> _EXERCISE DESCRIPTION_
Scan the entries below and extract each line with the word "pressed" in it.

<<<<

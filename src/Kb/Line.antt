-- ===== src/Kb/Line.antt =====
-- A line typed at the keyboard (w2/sys/kb.c) reaches the waiting task.
use sbrocks.Prelude.{
  ℕ, zero, suc, ◌+◌, ◌<◌, ◌≤◌, ◌≡◌, ◌≢◌, refl, sym, ◌∙◌, arith, ◌==◌, if◌then◌else◌, ltb, true,
  false, some, Option, ◌⊎◌, inl, inr, Bool-cases, bit_and, ◌∷◌, [], List, lt→ltb, length, get_or,
  map, ◌++◌,
}
use sbrocks.Prelude.Fault.{◌>>=◌}
use sbrocks.Kstring.{store, memcpy}
use sbrocks.Kstring.Copy.{Outside, memcpy-Inside}
use sbrocks.Kb.{
  Kb, Control, kb_handler, handlekey, scanf_key, deliver, char_of, code_at, kbdus, put_char,
  buffer_size, unset_flag, wake_waiting_task, task_runnable,
}

-- The handler for each of a list of scan codes.
unfoldable pub type_keys : List ℕ → Kb → Option Kb
type_keys [] kb = some kb
type_keys (k ∷ ks) kb = kb_handler k kb >>= type_keys ks

-- A key that stands for a character: no release, no control key, neither Enter nor Backspace.
pub record IsPlain (k : ℕ) : Type 0 where
  pub pressed : (bit_and k 0x80 == 0) ≡ true
  pub no_shift : (k == 42) ≡ false
  pub no_alt : (k == 56) ≡ false
  pub no_control : (k == 29) ≡ false
  pub no_enter : (code_at kbdus k == 10) ≡ false
  pub no_backspace : (code_at kbdus k == 8) ≡ false

unfoldable pub AllPlain : List ℕ → Type 0
AllPlain [] = Unit {0}
AllPlain (k ∷ ks) = IsPlain k × AllPlain ks

-- A task waits for a line, no control key is held, and the line so far is in the buffer.
pub record Waits (kb : Kb) : Type 0 where
  pub normal : kb.current_control ≡ Control.normal_key
  pub reading : kb.flag ≡ 1
  pub waiting : kb.waiting_task ≢ 0
  pub fits : kb.count ≤ buffer_size

abbrev pub typed : ℕ → Kb → Kb
typed k kb = record (put_char (code_at kbdus k) kb) {
  current_char = code_at kbdus k;
  echoed = code_at kbdus k ∷ kb.echoed;
  current_control = Control.normal_key;
}

pub kb_handler-plain :
    (k : ℕ) (kb : Kb)
    → IsPlain k
    → Waits kb
    → kb.i + 1 < kb.count
    → kb_handler k kb ≡ some (typed k kb)
unfolding kb_handler handlekey scanf_key char_of
kb_handler-plain k kb p w room =
    let read : (kb.flag == 1) ≡ true = (let r = w.reading in ground arith) in
    let low : ltb kb.i buffer_size ≡ true = (let f = w.fits in ground arith) in
    let more : ltb (kb.i + 1) kb.count ≡ true = ground arith in
    rw
      (
        p.pressed, p.no_shift, p.no_alt, p.no_control, read, w.normal, p.no_enter, p.no_backspace,
        low, more,
      )
      refl

-- What a run of plain keys leaves.
record Typed (ks : List ℕ) (kb kb' : Kb) : Type 0 where
  waits : Waits kb'
  index : kb'.i ≡ kb.i + length ks
  same_a : kb'.a ≡ kb.a
  same_str : kb'.str ≡ kb.str
  same_count : kb'.count ≡ kb.count
  same_task : kb'.waiting_task ≡ kb.waiting_task
  chars :
      (j : ℕ) → j < length ks → kb'.memory (kb.a + kb.i + j) ≡ get_or (map (code_at kbdus) ks) j 0
  before : (b : ℕ) → b < kb.a + kb.i → kb'.memory b ≡ kb.memory b

type_keys-Typed :
    (ks : List ℕ) (kb : Kb)
    → AllPlain ks
    → Waits kb
    → kb.i + length ks + 1 ≤ kb.count
    → (kb' : Kb) × (type_keys ks kb ≡ some kb') × Typed ks kb kb'
unfolding type_keys AllPlain
type_keys-Typed [] kb all w room = (
  kb,
  refl,
  record {
    waits = w;
    index = omega arith;
    same_a = refl;
    same_str = refl;
    same_count = refl;
    same_task = refl;
    chars = λ j h. elim h [ ];
    before = λ b h. refl;
  },
)
type_keys-Typed (k ∷ ks) kb all w room =
    let kb1 = typed k kb in
    let w1 : Waits kb1 = record {
      normal = refl;
      reading = w.reading;
      waiting = w.waiting;
      fits = w.fits;
    } in
    let (kb', run, t) = type_keys-Typed ks kb1 all.1 w1 (omega arith) in
    (
      kb',
      rw (kb_handler-plain k kb all.0 w (omega arith)) run,
      record {
        waits = t.waits;
        index = (let e = t.index in omega arith);
        same_a = t.same_a;
        same_str = t.same_str;
        same_count = t.same_count;
        same_task = t.same_task;
        chars = λ j h. chars_of kb' t j h;
        before = λ b h. t.before b (omega arith) ∙ ground arith;
      },
    )
  where
    chars_of :
        (kb' : Kb)
        → Typed ks (typed k kb) kb'
        → (j : ℕ) → j < length (k ∷ ks)
        → kb'.memory (kb.a + kb.i + j) ≡ get_or (map (code_at kbdus) (k ∷ ks)) j 0
    chars_of kb' t zero h =
        let at : kb.a + kb.i + 0 ≡ kb.a + kb.i = omega arith in
        rw at (t.before (kb.a + kb.i) (omega arith) ∙ ground arith)
    chars_of kb' t (suc j) h =
        let at : kb.a + kb.i + suc j ≡ kb.a + (kb.i + 1) + j = omega arith in
        rw at (t.chars j (omega arith))

-- The state that Enter leaves after `put_char 10`.
abbrev delivered : Kb → Kb
delivered kb =
    let m = memcpy (store kb.memory (kb.a + kb.i) 10) kb.str kb.a (kb.i + 1) in
    record kb {
      memory = store m kb.a 0;
      i = 0;
      flag = 0;
      waiting_state = task_runnable;
      current_char = 10;
      echoed = 10 ∷ kb.echoed;
      current_control = Control.normal_key;
    }

kb_handler-enter :
    (kb : Kb) → Waits kb → kb.i < buffer_size → kb_handler 28 kb ≡ some (delivered kb)
unfolding kb_handler handlekey scanf_key char_of deliver unset_flag wake_waiting_task code_at kbdus
kb_handler-enter kb w room =
    let read : (kb.flag == 1) ≡ true = (let r = w.reading in ground arith) in
    let low : ltb kb.i buffer_size ≡ true = lt→ltb kb.i buffer_size room in
    let here : (kb.waiting_task == 0) ≡ false = (let n = w.waiting in ground arith) in
    rw (read, w.normal, low, here) refl

-- The buffer and the area that the task gave do not meet.
abbrev pub Apart : Kb → Type 0
Apart kb = (kb.a + buffer_size ≤ kb.str) ⊎ (kb.str + buffer_size ≤ kb.a)

delivered-bytes :
    (kb : Kb) (j : ℕ)
    → kb.i < buffer_size
    → Apart kb
    → j < kb.i + 1
    → (delivered kb).memory (kb.str + j) ≡ (if j == kb.i then 10 else kb.memory (kb.a + j))
delivered-bytes kb j room apart h =
    let m = store kb.memory (kb.a + kb.i) 10 in
    let copied : memcpy m kb.str kb.a (kb.i + 1) (kb.str + j) ≡ m (kb.a + j) =
      memcpy-Inside m kb.str kb.a (kb.i + 1) j (ground arith) h in
    let off : (kb.a == kb.str + j) ≡ false = ground arith in rw (off, copied) (ground arith)

abbrev pub line_of : List ℕ → List ℕ
line_of keys = map (code_at kbdus) keys ++ 10 ∷ []

line_before :
    (keys : List ℕ) (j : ℕ)
    → j < length keys
    → get_or (line_of keys) j 0 ≡ get_or (map (code_at kbdus) keys) j 0
line_before [] j h = elim h [ ]
line_before (k ∷ ks) zero h = refl
line_before (k ∷ ks) (suc j) h = line_before ks j (omega arith)

line_end : (keys : List ℕ) → get_or (line_of keys) (length keys) 0 ≡ 10
line_end [] = refl
line_end (k ∷ ks) = line_end ks

-- Plain keys and then Enter give the waiting task its line: the characters and a newline stand at
-- the address that it gave, the task, still the same, is runnable, the flag is off and the buffer
-- starts anew. It needs that no control key is held, that a task waits with the flag on, that the
-- buffer is empty, that the line with its newline has at most as many characters as the count, which
-- is at most 1024, and that the buffer and the task's area, of 1024 bytes each, do not meet.
pub type_keys-line :
    (keys : List ℕ) (kb : Kb)
    → AllPlain keys
    → Waits kb
    → kb.i ≡ 0
    → length keys + 1 ≤ kb.count
    → Apart kb
    → (kb1 kb' : Kb) × (type_keys keys kb ≡ some kb1)
      × (kb_handler 28 kb1 ≡ some kb')
      × ((j : ℕ) → j < length keys + 1 → kb'.memory (kb.str + j) ≡ get_or (line_of keys) j 0)
      × (kb'.waiting_state ≡ task_runnable)
      × (kb'.flag ≡ 0)
      × (kb'.i ≡ 0)
      × (kb'.waiting_task ≡ kb.waiting_task)
type_keys-line keys kb all w start room apart =
    let (kb1, run, t) = type_keys-Typed keys kb all w (omega arith) in
    let low : kb1.i < buffer_size = (let f = w.fits in let e = t.index in omega arith) in
    let apart1 : Apart kb1 = rw (t.same_a, t.same_str) apart in
    (
      kb1,
      delivered kb1,
      run,
      kb_handler-enter kb1 t.waits low,
      λ j h.
          let e = t.index in
          let got = delivered-bytes kb1 j low apart1 (omega arith) in
          rw (sym t.same_str) (got ∙ byte_of kb1 t j h),
      refl,
      refl,
      refl,
      t.same_task,
    )
  where
    byte_of :
        (kb1 : Kb)
        → Typed keys kb kb1
        → (j : ℕ) → j < length keys + 1
        → (if j == kb1.i then 10 else kb1.memory (kb1.a + j)) ≡ get_or (line_of keys) j 0
    byte_of kb1 t j h = elim (Bool-cases (ltb j (length keys))) [
      | inl inside ↦
          let e = t.index in
          let ne : (j == kb1.i) ≡ false = ground arith in
          let at : kb1.a + j ≡ kb.a + kb.i + j = (let s = t.same_a in omega arith) in
          rw (ne, at) (t.chars j (ground arith) ∙ sym (line_before keys j (ground arith)))
      | inr last ↦
          let e = t.index in
          let eq : (j == kb1.i) ≡ true = ground arith in
          let at : j ≡ length keys = ground arith in rw eq (rw at (sym (line_end keys)))
    ]

-- A plain key that makes the line as long as the count ends it, but only the first character is
-- copied to the task: no other byte outside the buffer changes. It needs that no control key is
-- held, that a task waits with the flag on, that the count is at most 1024 and the character has a
-- place in the buffer, and that the buffer and the task's area, of 1024 bytes each, do not meet.
pub kb_handler-full :
    (k : ℕ) (kb : Kb)
    → IsPlain k
    → Waits kb
    → kb.i < buffer_size
    → kb.count ≤ kb.i + 1
    → Apart kb
    → (kb' : Kb) × (kb_handler k kb ≡ some kb')
      × (kb'.flag ≡ 0)
      × (kb'.waiting_state ≡ task_runnable)
      × (kb'.memory kb.str ≡ (if kb.i == 0 then code_at kbdus k else kb.memory kb.a))
      × ((b : ℕ) → Outside kb.a buffer_size b → b ≢ kb.str → kb'.memory b ≡ kb.memory b)
unfolding kb_handler handlekey scanf_key char_of deliver unset_flag wake_waiting_task memcpy
kb_handler-full k kb p w room full apart =
    let c = code_at kbdus k in
    let read : (kb.flag == 1) ≡ true = (let r = w.reading in ground arith) in
    let low : ltb kb.i buffer_size ≡ true = lt→ltb kb.i buffer_size room in
    let here : (kb.waiting_task == 0) ≡ false = (let n = w.waiting in ground arith) in
    let done : ltb (kb.i + 1) kb.count ≡ false = ground arith in
    let kb1 = record kb {
      memory = store (memcpy (store kb.memory (kb.a + kb.i) c) kb.str kb.a 1) kb.a 0;
      i = 0;
      flag = 0;
      waiting_state = task_runnable;
      current_char = c;
      echoed = c ∷ kb.echoed;
      current_control = Control.normal_key;
    } in
    (
      kb1,
      rw
          (
            p.pressed, p.no_shift, p.no_alt, p.no_control, read, w.normal, p.no_enter,
            p.no_backspace, low, done, here,
          )
          refl,
      refl,
      refl,
      (let off : (kb.a == kb.str) ≡ false = ground arith in
          let self : (kb.str == kb.str) ≡ true = ground arith in rw (off, self) (ground arith)),
      λ b out ne.
          let n1 : (kb.a == b) ≡ false = ground arith in
          let n2 : (kb.str == b) ≡ false = ground arith in
          let n3 : (kb.a + kb.i == b) ≡ false = ground arith in rw (n1, n2, n3) refl,
    )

>>>>

> _YOUR SOLUTION_
  pub pressed : (bit_and k 0x80 == 0) ≡ true
        p.pressed, p.no_shift, p.no_alt, p.no_control, read, w.normal, p.no_enter, p.no_backspace,
            p.pressed, p.no_shift, p.no_alt, p.no_control, read, w.normal, p.no_enter,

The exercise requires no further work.